____ MATERIALS PROVIDED

-- ===== src/Records/Escape.antt =====
-- Escaped text, character by character: what is written, how it is scanned and decoded.
use surveillance_hound.Common.{
  ==→eq, ℕ, zero, suc, ◌+◌, ◌-◌, ◌*◌, ◌/◌, ◌%◌, ◌≤◌, ◌<◌, ◌≡◌, refl, sym, ap, ◌∙◌, inl, inr, Bool,
  true, false, ◌||◌, some, List, [], ◌∷◌, ◌++◌, arith, ltb, leb, ◌==◌, Bool-cases, length,
  length-append, All, checked_up_to, checked_up_to-at,
}
use mathlib.Core.List.{append_assoc, append-nil}
use surveillance_hound.Json.Scan.{plain, hex, hex_value, scan_string, decode}
use surveillance_hound.Records.{
  written_size, Writer, new_writer, text, hex_digit, escape_char, string_chars, string, json_escape,
}

-- The escaped characters of a text.
unfoldable pub escape_text : List ℕ → List ℕ
escape_text [] = []
escape_text (c ∷ s) = escape_char c ++ escape_text s

-- The text between quotes.
abbrev pub quoted : List ℕ → List ℕ
quoted s = b'"' ∷ (escape_text s ++ (b'"' ∷ []))

hex_digit_table : checked_up_to (λ n. hex_value (hex_digit n) == n) 16 ≡ true
unfolding checked_up_to hex_value hex_digit
hex_digit_table = refl

hex_value-hex_digit : (n : ℕ) → n < 16 → hex_value (hex_digit n) ≡ n
hex_value-hex_digit n lt =
    ==→eq _ _ (checked_up_to-at (λ k. hex_value (hex_digit k) == k) 16 n lt hex_digit_table)

scan_hex :
    (k n d : ℕ) (s : List ℕ)
    → d < 16
    → scan_string (hex (suc (suc k)) n) (hex_digit d ∷ s) ≡ scan_string (hex (suc k) 0) s
unfolding scan_string hex_digit
scan_hex k n d s lt = ground arith

scan_hex_last :
    (n d : ℕ) (s : List ℕ) → d < 16 → scan_string (hex 1 n) (hex_digit d ∷ s) ≡ scan_string plain s
unfolding scan_string hex_digit
scan_hex_last n d s lt = ground arith

scan_start :
    (a b : ℕ) (s : List ℕ)
    → scan_string plain (b'\\' ∷ b'u' ∷ b'0' ∷ b'0' ∷ hex_digit a ∷ hex_digit b ∷ s)
      ≡ scan_string (hex 2 0) (hex_digit a ∷ hex_digit b ∷ s)
unfolding scan_string
scan_start a b s = refl

scan_plain :
    (c : ℕ) (s : List ℕ)
    → (c == b'"') ≡ false
    → (c == b'\\') ≡ false
    → (ltb c 32 || ltb 126 c) ≡ false
    → scan_string plain (c ∷ s) ≡ scan_string plain s
unfolding scan_string
scan_plain c s e f g = ground (arith, e, f, g)

-- An escaped character is passed over as a whole.
scan-escape_char :
    (c : ℕ) (s : List ℕ) → c < 256 → scan_string plain (escape_char c ++ s) ≡ scan_string plain s
unfolding escape_char
scan-escape_char c s lt = elim (Bool-cases (c == b'"')) [
  | inl e ↦ rw (e) (unfold scan_string in refl)
  | inr e ↦ elim (Bool-cases (c == b'\\')) [
    | inl f ↦ rw (e, f) (unfold scan_string in refl)
    | inr f ↦ elim (Bool-cases (ltb c 32 || ltb 126 c)) [
      | inl g ↦
          rw (e, f, g)
            (scan_start (c / 16) (c % 16) s
              ∙ scan_hex 0 0 (c / 16) (hex_digit (c % 16) ∷ s) (omega arith)
              ∙ scan_hex_last 0 (c % 16) s (omega arith))
      | inr g ↦ rw (e, f, g) (scan_plain c s e f g)
    ]
  ]
]

-- Every byte string is escaped to a text that the reader takes as one string, up to its quote.
pub scan-escape_text :
    (s rest : List ℕ)
    → All (λ c. c < 256) s
    → scan_string plain (escape_text s ++ (b'"' ∷ rest)) ≡ some rest
unfolding escape_text
scan-escape_text [] rest small = unfold scan_string in refl
scan-escape_text (c ∷ s) rest small =
    ap (scan_string plain) (append_assoc (escape_char c) (escape_text s) (b'"' ∷ rest))
    ∙ scan-escape_char c (escape_text s ++ (b'"' ∷ rest)) small.0
    ∙ scan-escape_text s rest small.1

-- What `decode` gives for a character c with the rest still to be read.
abbrev then_char : ℕ → List ℕ × Bool → List ℕ × Bool
then_char c (text, ok) = (c ∷ text, ok)

decode_plain :
    (c room x : ℕ) (s : List ℕ)
    → (c == b'\\') ≡ false
    → (c == 0) ≡ false
    → decode plain (suc room) (c ∷ x ∷ s) ≡ then_char c (decode plain room (x ∷ s))
unfolding decode
decode_plain c room x s e f = rw (e, f) refl

decode_start :
    (room a b : ℕ) (s : List ℕ)
    → decode plain room (b'\\' ∷ b'u' ∷ b'0' ∷ b'0' ∷ hex_digit a ∷ hex_digit b ∷ s)
      ≡ decode (hex 2 0) room (hex_digit a ∷ hex_digit b ∷ s)
unfolding decode
decode_start room a b s = refl

decode-hex :
    (room d : ℕ) (s : List ℕ)
    → hex_value (hex_digit d) ≡ d
    → decode (hex 2 0) room (hex_digit d ∷ s) ≡ decode (hex 1 d) room s
unfolding decode
decode-hex room d s e =
    let same : 0 + hex_value (hex_digit d) ≡ d = omega (arith, e) in
    ap (λ n. decode (hex 1 n) room s) same

decode-hex_last :
    (room n d : ℕ) (s : List ℕ)
    → d < 16
    → 0 < n * 16 + d
    → n * 16 + d < 128
    → decode (hex 1 n) (suc room) (hex_digit d ∷ s) ≡ then_char (n * 16 + d) (decode plain room s)
unfolding decode
decode-hex_last room n d s lt low high =
    let not_zero : ((n * 16 + d == 0) || ltb 127 (n * 16 + d)) ≡ false =
      ground (arith, low, high) in
    let not_end : (n * 16 + d == 0) ≡ false = ground (arith, low) in
    rw (hex_value-hex_digit d lt, not_zero, not_end) refl

decode-escape_char :
    (c room x : ℕ) (s : List ℕ)
    → 0 < c
    → c < 128
    → decode plain (suc room) (escape_char c ++ (x ∷ s)) ≡ then_char c (decode plain room (x ∷ s))
unfolding escape_char
decode-escape_char c room x s low high =
    let not_zero : (c == 0) ≡ false = ground (arith, low) in
    elim (Bool-cases (c == b'"')) [
      | inl e ↦ rw (e) (
          unfold decode in ap (λ d. then_char d (decode plain room (x ∷ s))) (sym (==→eq c b'"' e)))
      | inr e ↦ elim (Bool-cases (c == b'\\')) [
        | inl f ↦
            rw (e, f)
              (unfold decode in
                ap (λ d. then_char d (decode plain room (x ∷ s))) (sym (==→eq c b'\\' f)))
        | inr f ↦ elim (Bool-cases (ltb c 32 || ltb 126 c)) [
          | inl g ↦
              rw (e, f, g)
                (decode_start (suc room) (c / 16) (c % 16) (x ∷ s)
                  ∙ decode-hex (suc room) (c / 16) (hex_digit (c % 16) ∷ x ∷ s)
                      (hex_value-hex_digit (c / 16) (omega arith))
                  ∙ decode-hex_last room (c / 16) (c % 16) (x ∷ s) (omega arith) (omega arith)
                      (omega arith)
                  ∙ ap (λ d. then_char d (decode plain room (x ∷ s))) (omega arith))
          | inr g ↦ rw (e, f, g) (decode_plain c room x s f not_zero)
        ]
      ]
    ]

not_empty : (xs : List ℕ) (y : ℕ) → (x : ℕ) × (t : List ℕ) × (xs ++ (y ∷ []) ≡ x ∷ t)
not_empty [] y = (y, [], refl)
not_empty (x ∷ xs) y = (x, xs ++ (y ∷ []), refl)

pub decode-escape_text :
    (s : List ℕ) (room : ℕ)
    → All (λ c. (0 < c) × (c < 128)) s
    → length s ≤ room
    → decode plain room (escape_text s ++ (b'"' ∷ [])) ≡ (s, true)
unfolding escape_text
decode-escape_text [] room small fits = unfold decode in refl
decode-escape_text (c ∷ s) zero small fits = absurd (omega arith)
decode-escape_text (c ∷ s) (suc room) small fits =
    let (x, t, same) = not_empty (escape_text s) b'"' in
    let later = decode-escape_text s room small.1 (omega arith) in
    ap (decode plain (suc room))
      (append_assoc (escape_char c) (escape_text s) (b'"' ∷ []) ∙ ap (λ u. escape_char c ++ u) same)
    ∙ decode-escape_char c room x t small.0.0 small.0.1
    ∙ ap (then_char c) (ap (decode plain room) (sym same) ∙ later)

text-fits :
    (w : Writer) (s : List ℕ)
    → w.ok ≡ true
    → length w.written + length s < w.size
    → text w s ≡ record w { written = w.written ++ s }
unfolding text
text-fits w s good room =
    let fits : leb (w.size - length w.written) (length s) ≡ false = ground (arith, room) in
    rw (good, fits) refl

string_chars-fits :
    (w : Writer) (s : List ℕ)
    → w.ok ≡ true
    → length w.written + length (escape_text s) < w.size
    → string_chars w s ≡ record w { written = w.written ++ escape_text s }
unfolding string_chars escape_text
string_chars-fits w [] good room = ap (λ t. record w { written = t }) (sym (append-nil w.written))
string_chars-fits w (c ∷ s) good room =
    let size = length-append (escape_char c) (escape_text s) in
    let more = length-append w.written (escape_char c) in
    ap (λ u. string_chars u s) (text-fits w (escape_char c) good (omega (arith, size)))
    ∙ string_chars-fits (record w { written = w.written ++ escape_char c }) s good
        (omega (arith, size, more))
    ∙ ap (λ t. record w { written = t }) (append_assoc w.written (escape_char c) (escape_text s))

abbrev pub writes : ℕ → List ℕ → Writer
writes size t = record { written = t; size = size; ok = true }

string-fits :
    (s : List ℕ) (size : ℕ)
    → length (quoted s) < size
    → string (new_writer size) s ≡ writes size (quoted s)
unfolding string
string-fits s size room =
    let last = length-append (escape_text s) (b'"' ∷ []) in
    ap (λ w. text (string_chars w s) (b'"' ∷ []))
      (text-fits (new_writer size) (b'"' ∷ []) refl (omega arith))
    ∙ ap (λ w. text w (b'"' ∷ []))
        (string_chars-fits (writes size (b'"' ∷ [])) s refl (omega (arith, last)))
    ∙ text-fits (writes size (b'"' ∷ escape_text s)) (b'"' ∷ []) refl (omega (arith, last))

-- With room for it, a string is written whole between its quotes.
pub json_escape-fits :
    (s : List ℕ) (size : ℕ)
    → length (quoted s) < size
    → json_escape s size ≡ (writes size (quoted s), length (quoted s))
unfolding json_escape written_size
json_escape-fits s size room =
    let not_zero : (size == 0) ≡ false = ground (arith, room) in
    rw (not_zero, string-fits s size room) refl
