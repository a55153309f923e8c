-- ===== src/Records/ReadBack.antt =====
-- What is escaped reads back as JSON.
use surveillance_hound.Common.{
  ℕ, zero, suc, ◌-◌, ◌≤◌, ◌<◌, ◌≡◌, refl, ap, false, some, List, [], ◌∷◌, ◌++◌, arith, ltb, ◌==◌,
  length, take_all, All, ◌>>=◌,
}
use surveillance_hound.Json.{
  Reader, parse, string_of, read_string, value, finish, open_token, close_token, new_reader,
}
use surveillance_hound.Json.Scan.{space}
use surveillance_hound.Records.{json_escape}
use surveillance_hound.Records.Escape.{
  escape_text, quoted, scan-escape_text, decode-escape_text, json_escape-fits,
}

small_bytes : (s : List ℕ) → All (λ c. (0 < c) × (c < 128)) s → All (λ c. c < 256) s
small_bytes [] h = tt
small_bytes (c ∷ s) h = (omega (arith, h.0.1), small_bytes s h.1)

-- The reader behind a quoted text: one token, the whole input.
abbrev one_string : List ℕ → Reader
one_string s =
    close_token (quoted s) 0
      (record (open_token (quoted s) b'"' (escape_text s ++ (b'"' ∷ [])) (new_reader (quoted s))) {
        rest = [];
      })

parse-quoted :
    (s : List ℕ)
    → All (λ c. c < 256) s
    → length (quoted s) ≤ 2048
    → parse (quoted s) ≡ some (one_string s)
unfolding parse value finish space
parse-quoted s small fits =
    let long : ltb 2048 (length (quoted s)) ≡ false = ground (arith, fits) in
    let nonempty : (length (quoted s) == 0) ≡ false = ground arith in
    rw (nonempty, long, scan-escape_text s [] small) refl

string_of-one_string :
    (s : List ℕ) (n : ℕ)
    → All (λ c. (0 < c) × (c < 128)) s
    → length s < n
    → string_of (quoted s) (one_string s) 0 n ≡ some s
unfolding string_of read_string open_token close_token
string_of-one_string s zero small fits = absurd (omega arith)
string_of-one_string s (suc n) small fits =
    let some_room : (suc n == 0) ≡ false = ground arith in
    let room : suc n - 1 ≡ n = omega arith in
    let none_before : length (quoted s) - length (quoted s) ≡ 0 = omega arith in
    rw (some_room, room, none_before)
      (rw
        (
          take_all (quoted s) (length (quoted s) - 0 - 0) (omega arith),
          decode-escape_text s n small (omega (arith, fits)),
        )
        refl)

-- An escaped text without zeros and bytes above 127 is one JSON string, and it reads back as the text
-- into any buffer that is longer than it.
pub string_of-json_escape :
    (s : List ℕ) (size n : ℕ)
    → All (λ c. (0 < c) × (c < 128)) s
    → length (quoted s) < size
    → length (quoted s) ≤ 2048
    → length s < n
    → let written = (json_escape s size).0.written in
      (do r ← parse written; string_of written r 0 n) ≡ some s
string_of-json_escape s size n small room fits buffer =
    let same : (json_escape s size).0.written ≡ quoted s =
      ap (λ p. p.0.written) (json_escape-fits s size room) in
    rw (same, parse-quoted s (small_bytes s small) fits) (string_of-one_string s n small buffer)
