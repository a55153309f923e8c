-- ===== src/Records/Tests.antt =====
-- Escaped text at concrete inputs.
use surveillance_hound.Records.Validate.{valid_log_record}
use surveillance_hound.Common.{true, ℕ, ◌≡◌, refl, some, List, [], ◌∷◌, ◌++◌, arith, ◌>>=◌}
use surveillance_hound.Core.Text.{codes}
use surveillance_hound.Json.{integer, member, parse, string_of}
use surveillance_hound.Records.{escape_char, hex_digit, json_escape}
use surveillance_hound.Records.Escape.{escape_text}
use surveillance_hound.Records.ReadBack.{string_of-json_escape}

-- A quote, a backslash and a line feed.
abbrev odd : List ℕ
odd = b'a' ∷ b'"' ∷ b'\\' ∷ 10 ∷ 127 ∷ []

odd_escaped : (json_escape odd 40).0.written ≡ codes "\"a\\\"\\\\\\u000a\\u007f\""
unfolding json_escape hex_digit
odd_escaped = refl

string_of-json_escape_example :
    (do r ← parse (json_escape odd 40).0.written; string_of (json_escape odd 40).0.written r 0 6)
    ≡ some odd
string_of-json_escape_example =
    string_of-json_escape odd 40 6 (omega arith) (unfold escape_text escape_char in omega arith)
      (unfold escape_text escape_char in omega arith) (omega arith)

abbrev log_row : List ℕ
log_row =
    codes
      "{\"schema_version\":1,\"firmware_version\":\"1\",\"hardware\":\"E32R40T\",\"signature_pack\":\"1\",\"region\":\"US\",\"event_id\":\"e\",\"session_id\":\"0123456789abcdef0123456789abcdef\",\"observed_at\":null,\"time_quality\":\"uptime_only\",\"uptime_ms\":9,\"first_seen_ms\":5,\"category\":\"TILE\",\"label\":\"l\",\"confidence\":\"high\",\"score\":85,\"rule_ids\":[\"a.b\"],\"reason\":\"r\",\"radio\":\"ble\",\"channel\":0,\"rssi_min\":-60,\"rssi_max\":-50,\"rssi_avg\":-55,\"seen_count\":2,\"identifier\":\"ABCDEFGHIJKLMNOPQRST\",\"address_type\":\"random\",\"meal_awarded\":true,\"privacy_mode\":\"private\"}"
    ++ (10 ∷ [])

valid_log_record-row : valid_log_record log_row ≡ true
unfolding valid_log_record parse member integer string_of
valid_log_record-row = refl
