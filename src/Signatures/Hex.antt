-- ===== src/Signatures/Hex.antt =====
-- Hex prefixes as what they stand for: bytes at the start of the bytes.
use surveillance_hound.Common.{
  ℕ, ◌+◌, ◌-◌, ◌*◌, ◌/◌, ◌%◌, ◌≤◌, ◌<◌, ◌≡◌, refl, ap₂, inl, inr, false, ◌&&◌, some, List, [], ◌∷◌,
  arith, ltb, ◌==◌, if◌then◌else◌, Bool-cases, length, All,
}
use surveillance_hound.Core.Text.{starts_with}
use surveillance_hound.Signatures.{hex, hex_byte, hex_pairs, hex_prefix}

-- The digit that the signature files write for a value below sixteen.
unfoldable pub digit : ℕ → ℕ
digit n = if ltb n 10 then b'0' + n else b'A' + (n - 10)

unfoldable pub hex_text : List ℕ → List ℕ
unfolding digit
hex_text [] = []
hex_text (b ∷ bs) = digit (b / 16) ∷ digit (b % 16) ∷ hex_text bs

hex-digit : (n : ℕ) → n < 16 → hex (digit n) ≡ some n
unfolding hex digit
hex-digit n lt = ground arith

length-hex_text : (bs : List ℕ) → length (hex_text bs) ≡ 2 * length bs
unfolding hex_text
length-hex_text [] = refl
length-hex_text (b ∷ bs) = ground (arith, length-hex_text bs)

hex_byte-digits :
    (b d : ℕ) → b < 256 → hex_byte (hex (digit (b / 16))) (hex (digit (b % 16))) d ≡ (d == b)
unfolding hex_byte
hex_byte-digits b d lt =
    rw (hex-digit (b / 16) (omega arith), hex-digit (b % 16) (omega arith)) (ground arith)

hex_pairs-hex_text :
    (bs bytes : List ℕ)
    → All (λ b. b < 256) bs
    → length bs ≤ length bytes
    → hex_pairs (hex_text bs) bytes ≡ starts_with bytes bs
unfolding hex_pairs hex_text starts_with
hex_pairs-hex_text [] bytes small fits = refl
hex_pairs-hex_text (b ∷ bs) [] small fits = absurd (omega arith)
hex_pairs-hex_text (b ∷ bs) (d ∷ bytes) small fits =
    ap₂ (λ x y. x && y) (hex_byte-digits b d small.0)
      (hex_pairs-hex_text bs bytes small.1 (omega arith))

short : (bytes bs : List ℕ) → length bytes < length bs → starts_with bytes bs ≡ false
unfolding starts_with
short bytes [] lt = absurd (omega arith)
short [] (b ∷ bs) lt = refl
short (d ∷ bytes) (b ∷ bs) lt = ground (arith, short bytes bs (omega arith))

-- The hex text of some bytes, at least one, matches bytes exactly when the bytes starts with those
-- bytes.
pub hex_prefix-hex_text :
    (b : ℕ) (bs bytes : List ℕ)
    → All (λ x. x < 256) (b ∷ bs)
    → hex_prefix (hex_text (b ∷ bs)) bytes ≡ starts_with bytes (b ∷ bs)
unfolding hex_prefix
hex_prefix-hex_text b bs bytes small = elim (Bool-cases (ltb (length bytes) (length (b ∷ bs)))) [
  | inl e ↦ ground (arith, length-hex_text (b ∷ bs), short bytes (b ∷ bs))
  | inr e ↦
      ground
        (arith, length-hex_text (b ∷ bs), hex_pairs-hex_text (b ∷ bs) bytes small (ground arith))
]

________

YOUR OBJECTIVE — Filter the entries down to the lines that hold "good". Copy those lines.

RESPONSE BOX —
text-fits w s good room =
    rw (good, fits) refl
string_chars-fits w [] good room = ap (λ t. record w { written = t }) (sym (append-nil w.written))
string_chars-fits w (c ∷ s) good room =
    ap (λ u. string_chars u s) (text-fits w (escape_char c) good (omega (arith, size)))
    ∙ string_chars-fits (record w { written = w.written ++ escape_char c }) s good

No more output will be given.